Harriet Harman is calling on the government to urgently address the high death rate in pregnancy and childbirth among black women in the UK.
She has leant her support to a petition to improve health care for black women and conduct further research into the cause of the racial disparity, which has gained over 186,000 signatures.
Whereas seven in 100,000 white women die from pregnancy complications or in childbirth in the UK each year, the figure among black women is five times higher – at 38 out of 100,000. Asian women are twice as likely to die as white women.
Last month parliament’s human rights committee held an inquiry into racism and inequality experienced by the black community.
Among those giving evidence was Professor Jacqueline Dunkley-Bent, chief midwifery officer for England, who said there are currently no specific NHS England targets on reducing the mortality gap.

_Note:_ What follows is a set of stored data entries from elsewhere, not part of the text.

-- ===== src/Engine/Owner/Moves/Scenarios.antt =====
-- A queue of three jobs, the last of which moves to the top.
use nzbd.Prelude.{ℕ, ◌≡◌, refl, true, [], ◌∷◌}
use nzbd.Types.Job.{Job, downloading}
use nzbd.Engine.Queue.Totals.{no_totals}
use nzbd.Engine.Owner.{Owner}
use nzbd.Engine.Owner.Scenarios.{a_job, holding, owner_of}
use nzbd.Engine.Owner.Moves.{top, down, bottom, position, target, move_job}

abbrev numbered : ℕ → Job
numbered n = record (a_job [] no_totals downloading) { id = n }

abbrev three : Owner
three =
    owner_of (record (holding (numbered 1)) { jobs = numbered 1 ∷ numbered 2 ∷ numbered 3 ∷ [] })

moves_to_the_top : (move_job 3 top three).0.state.jobs ≡ numbered 3 ∷ numbered 1 ∷ numbered 2 ∷ []
unfolding move_job position target
moves_to_the_top = refl

last_stays_down : move_job 3 down three ≡ (three, true)
unfolding move_job position target
last_stays_down = refl

moves_to_the_bottom :
    (move_job 1 bottom three).0.state.jobs ≡ numbered 2 ∷ numbered 3 ∷ numbered 1 ∷ []
unfolding move_job position target
moves_to_the_bottom = refl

She said work is ongoing to improve antenatal care and highlighted that there is currently a very limited understanding of why the risks are much higher for black and other ethnic minority groups in pregnancy.
The formal response to the petition, from the Department of Health and Social Care, said the NHS has a long-term plan to improve care and identify the causes of the disparity seen in maternal outcomes.
A key focus is ‘continuity of care’, given by the same midwife or two at every appointment, with the aim that three quarters of all BAME mothers-to-be will receive this model by 2022 throughout their pregnancy, birth and postnatal period.
Research shows that having midwife-led care, and seeing the same midwife at appointments, means expectant mothers are sixteen per cent less likely to lose their baby overall and 24 per cent less likely to experience pre-term birth.
The government is also funding research into risk factors in pregnancy and the impact of COVID-19 on pregnant women, who are more likely to be hospitalised with the disease.
From March 1 to April 14, NHS data show that 55 per cent of all pregnant women admitted to hospital with COVID-19 were from BAME backgrounds.
There are also fears that women have been reluctant to engage with maternity services during the pandemic and that this could continue into the coming months.